- **Exercise objective**: Once you reach the line containing "then unretryable (congestion", write out that line and every remaining line of the records exactly.

______

-- ===== src/Adapter/RoundTrip.antt =====
-- adapter/content_range.rs: what is displayed is parsed back.
use bolt_load.Prelude.{
  ◌>>=◌, ℕ, ◌≤◌, ◌<◌, ◌≡◌, refl, sym, ap, ◌∙◌, true, false, not, ◌||◌, Option, none, some, [], ◌∷◌,
  ◌++◌, arith, ltb, ◌==◌, if◌then◌else◌, all, is_empty, ok, err, u64_mod,
}
use bolt_load.Adapter.Error.{Text, ContentRange}
use bolt_load.Adapter.Text.{
  is_whitespace, is_ascii_whitespace, is_ascii_digit, trim_start, trim_end, trim, split_once,
  eq_ignore_ascii_case,
}
use bolt_load.Adapter.ContentRange.{
  invalid_content_range, bytes_unit, byte_range, number, complete_length, check_order, is_beyond,
  parse_parts, from_str,
}
use bolt_load.Adapter.Display.{display_u64, display_complete, unit_prefix, to_string}
use bolt_load.Adapter.Digits.{
  digits-nonempty, split_once-append, is_empty-append, trim_end-append, trim_end-solid, all_weaken,
  u64_digits, digit-solid, digit-slash, digit-dash, number-display, complete_length-display,
  append_assoc, all-append,
}

-- The two ends and the complete length, each as a text.
abbrev joined : Text → Text → Text → Text
joined first last complete = first ++ (b'-' ∷ (last ++ (b'/' ∷ complete)))

split-joined :
    (first last complete : Text)
    → all is_ascii_digit first ≡ true
    → all is_ascii_digit last ≡ true
    → split_once (λ c. c == b'/') (joined first last complete)
      ≡ some (first ++ b'-' ∷ last, complete)
split-joined first last complete h k =
    ap (split_once (λ c. c == b'/')) (sym (append_assoc first (b'-' ∷ last) (b'/' ∷ complete)))
    ∙ split_once-append (λ c. c == b'/') b'/' (first ++ b'-' ∷ last) complete
        (all-append (λ c. not (c == b'/')) first (b'-' ∷ last)
          (all_weaken is_ascii_digit (λ c. not (c == b'/')) first digit-slash h)
          (all_weaken is_ascii_digit (λ c. not (c == b'/')) last digit-slash k))
        refl

split-span :
    (first last : Text)
    → all is_ascii_digit first ≡ true
    → split_once (λ c. c == b'-') (first ++ b'-' ∷ last) ≡ some (first, last)
split-span first last h =
    split_once-append (λ c. c == b'-') b'-' first last
      (all_weaken is_ascii_digit (λ c. not (c == b'-')) first digit-dash h) refl

byte_range-prefix :
    (range : Text)
    → is_empty range ≡ false
    → trim_end range ≡ range
    → byte_range (unit_prefix ++ range) ≡ some range
unfolding byte_range trim trim_start
byte_range-prefix range h e =
    ap
      (λ t. elim (split_once is_ascii_whitespace t) [
        | none ↦ none
        | some (unit, range) ↦ if eq_ignore_ascii_case unit bytes_unit then some range else none
      ])
      (trim_end-append unit_prefix range h e)

trim_end-joined :
    (first last complete : Text)
    → is_empty complete ≡ false
    → trim_end complete ≡ complete
    → trim_end (joined first last complete) ≡ joined first last complete
trim_end-joined first last complete h e =
    let step : trim_end (last ++ (b'/' ∷ complete)) ≡ last ++ (b'/' ∷ complete) =
      trim_end-append last (b'/' ∷ complete) refl (trim_end-append (b'/' ∷ []) complete h e) in
    trim_end-append first (b'-' ∷ (last ++ (b'/' ∷ complete))) refl (
      trim_end-append (b'-' ∷ []) (last ++ (b'/' ∷ complete))
        (is_empty-append last (b'/' ∷ complete) refl) step)

is_empty-joined : (first last complete : Text) → is_empty (joined first last complete) ≡ false
is_empty-joined first last complete =
    is_empty-append first (b'-' ∷ (last ++ (b'/' ∷ complete))) refl

display_complete-Trimmed :
    (complete : Option ℕ)
    → is_empty (display_complete complete) ≡ false
      × trim_end (display_complete complete) ≡ display_complete complete
unfolding trim_end
display_complete-Trimmed none = (refl, refl)
display_complete-Trimmed (some c) = (
  digits-nonempty 19 c [],
  trim_end-solid (display_u64 c) (
      all_weaken is_ascii_digit (λ d. not (is_whitespace d)) (display_u64 c) digit-solid
        (u64_digits c)),
)

bind-some : {A B : Type 0} (m : Option A) (k : A → Option B) (a : A) → m ≡ some a → (m >>= k) ≡ k a
bind-some m k a h = ap (λ n. n >>= k) h

parse_parts_lem :
    (value range span complete first last : Text) (r : ContentRange)
    → byte_range value ≡ some range
    → split_once (λ c. c == b'/') range ≡ some (span, complete)
    → split_once (λ c. c == b'-') span ≡ some (first, last)
    → number first ≡ some r.first
    → number last ≡ some r.last
    → complete_length complete ≡ some r.complete
    → parse_parts value ≡ check_order r
unfolding parse_parts
parse_parts_lem value range span complete first last r h1 h2 h3 h4 h5 h6 =
    bind-some (byte_range value) _ range h1
    ∙ bind-some (split_once (λ c. c == b'/') range) _ (span, complete) h2
    ∙ bind-some (split_once (λ c. c == b'-') span) _ (first, last) h3
    ∙ bind-some (number first) _ r.first h4
    ∙ bind-some (number last) _ r.last h5
    ∙ bind-some (complete_length complete) _ r.complete h6

abbrev range_text : ContentRange → Text
range_text r = joined (display_u64 r.first) (display_u64 r.last) (display_complete r.complete)

to_string-prefix : (r : ContentRange) → to_string r ≡ unit_prefix ++ range_text r
unfolding to_string
to_string-prefix r = refl

byte_range-to_string : (r : ContentRange) → byte_range (to_string r) ≡ some (range_text r)
byte_range-to_string r =
    let first = display_u64 r.first in
    let last = display_u64 r.last in
    let complete = display_complete r.complete in
    let (filled, trimmed) = display_complete-Trimmed r.complete in
    rw (to_string-prefix r) (
      byte_range-prefix (range_text r) (is_empty-joined first last complete)
        (trim_end-joined first last complete filled trimmed))

parse_parts-to_string :
    (r : ContentRange)
    → r.first < u64_mod
    → r.last < u64_mod
    → ((c : ℕ) → r.complete ≡ some c → c < u64_mod)
    → parse_parts (to_string r) ≡ check_order r
parse_parts-to_string r h k l =
    let first = display_u64 r.first in
    let last = display_u64 r.last in
    let complete = display_complete r.complete in
    parse_parts_lem (to_string r) (range_text r) (first ++ b'-' ∷ last) complete first last r
      (byte_range-to_string r)
      (split-joined first last complete (u64_digits r.first) (u64_digits r.last))
      (split-span first last (u64_digits r.first)) (number-display r.first h)
      (number-display r.last k) (complete_length-display r.complete l)

not_beyond :
    (last : ℕ) (complete : Option ℕ)
    → ((c : ℕ) → complete ≡ some c → last < c)
    → is_beyond last complete ≡ false
not_beyond last none h = refl
not_beyond last (some c) h = ground (arith, h c refl)

check_order_lem :
    (r : ContentRange)
    → r.first ≤ r.last
    → ((c : ℕ) → r.complete ≡ some c → r.last < c)
    → check_order r ≡ some r
check_order_lem r ordered within =
    let in_order : ltb r.last r.first ≡ false = ground (arith, ordered) in
    ap (λ b. if ltb r.last r.first || b then none else some r) (not_beyond r.last r.complete within)
    ∙ ap (λ b. if b || false then none else some r) in_order

from_str-parsed :
    (value : Text) (r : ContentRange) → parse_parts value ≡ some r → from_str value ≡ ok r
unfolding from_str
from_str-parsed value r h = ap (λ m. elim m [ none ↦ err invalid_content_range | some s ↦ ok s ]) h

-- A range whose ends are in order, that lies within its complete length and whose numbers are `u64`s is
-- parsed back, by `from_str`, from what its display writes.
pub from_str-to_string :
    (r : ContentRange)
    → r.first ≤ r.last
    → r.last < u64_mod
    → ((c : ℕ) → r.complete ≡ some c → (r.last < c) × (c < u64_mod))
    → from_str (to_string r) ≡ ok r
from_str-to_string r ordered fits within = from_str-parsed (to_string r) r (
    parse_parts-to_string r (ground (arith, ordered, fits)) fits (λ c h. (within c h).1)
    ∙ check_order_lem r ordered (λ c h. (within c h).0))
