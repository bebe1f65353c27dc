-- ===== src/Adapter/Tests.antt =====
-- A display of adapter/content_range.rs at a concrete range.
use bolt_load.Prelude.{ℕ, ◌<◌, ◌≡◌, refl, arith, some, u64_mod, ok, [], ◌∷◌}
use bolt_load.Adapter.Error.{ContentRange}
use bolt_load.Adapter.ContentRange.{from_str}
use bolt_load.Adapter.Display.{digits, to_string}
use bolt_load.Adapter.RoundTrip.{from_str-to_string}

abbrev second_half : ContentRange
second_half = record { first = 512; last = 1023; complete = some 1024 }

to_string-second_half :
    to_string second_half
    ≡ b'b' ∷ b'y' ∷ b't' ∷ b'e' ∷ b's' ∷ b' ' ∷ b'5' ∷ b'1' ∷ b'2' ∷ b'-' ∷ b'1' ∷ b'0' ∷ b'2'
      ∷ b'3' ∷ b'/' ∷ b'1' ∷ b'0' ∷ b'2' ∷ b'4' ∷ []
unfolding to_string digits
to_string-second_half = refl

some_within : (c : ℕ) → some 1024 ≡ some c → (1023 < c) × (c < u64_mod)
some_within c h = ground (arith, h)

from_str-to_string_example : from_str (to_string second_half) ≡ ok second_half
from_str-to_string_example =
    from_str-to_string second_half (ground arith) (ground arith) some_within
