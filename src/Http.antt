-- ===== src/Http.antt =====
-- crates/bolt-load-http: what an HTTP status means, and whether a response to a range request carries
-- the bytes that were asked for.
pub mod Status
pub mod Range
pub mod Body
pub mod Limit
pub mod Accept
pub mod Classes
pub mod RetryAfter
pub mod Delay
mod Tests
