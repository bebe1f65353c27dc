-- ===== src/Http/Status.antt =====
-- status.rs: a `Duration` is in nanoseconds.
use bolt_load.Prelude.{ℕ, ◌||◌, ◌&&◌, Option, none, some, [], ◌∷◌, leb, ◌==◌, if◌then◌else◌, min}
use bolt_load.Adapter.Error.{
  Text, RetryableError, UnretryableError, unauthorized, not_found, congestion,
  range_not_satisfiable, AdapterError, retryable, unretryable,
}

abbrev pub max_retry_after : ℕ
max_retry_after = 120000000000

-- `unauthorized` and `forbidden`.
abbrev pub message_of : ℕ → Text
message_of status =
    if status == 401
    then b'u' ∷ b'n' ∷ b'a' ∷ b'u' ∷ b't' ∷ b'h' ∷ b'o' ∷ b'r' ∷ b'i' ∷ b'z' ∷ b'e' ∷ b'd' ∷ []
    else b'f' ∷ b'o' ∷ b'r' ∷ b'b' ∷ b'i' ∷ b'd' ∷ b'd' ∷ b'e' ∷ b'n' ∷ []

abbrev pub clamp : Option ℕ → Option ℕ
clamp none = none
clamp (some delay) = some (min delay max_retry_after)

unfoldable pub classify_status : ℕ → Option ℕ → AdapterError
classify_status status retry_after =
    if status == 401 || status == 403
    then unretryable (unauthorized status (message_of status))
    else if status == 404 || status == 410
    then unretryable (not_found status)
    else if status == 408
    then retryable (RetryableError.status status)
    else if status == 416
    then unretryable (range_not_satisfiable none)
    else if status == 429 || status == 503
    then unretryable (congestion status (clamp retry_after))
    else if leb 500 status && leb status 599
    then retryable (RetryableError.status status)
    else unretryable (UnretryableError.status status)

______

- **Result**:
    then unretryable (congestion status (clamp retry_after))
    else if leb 500 status && leb status 599
    then retryable (RetryableError.status status)
    else unretryable (UnretryableError.status status)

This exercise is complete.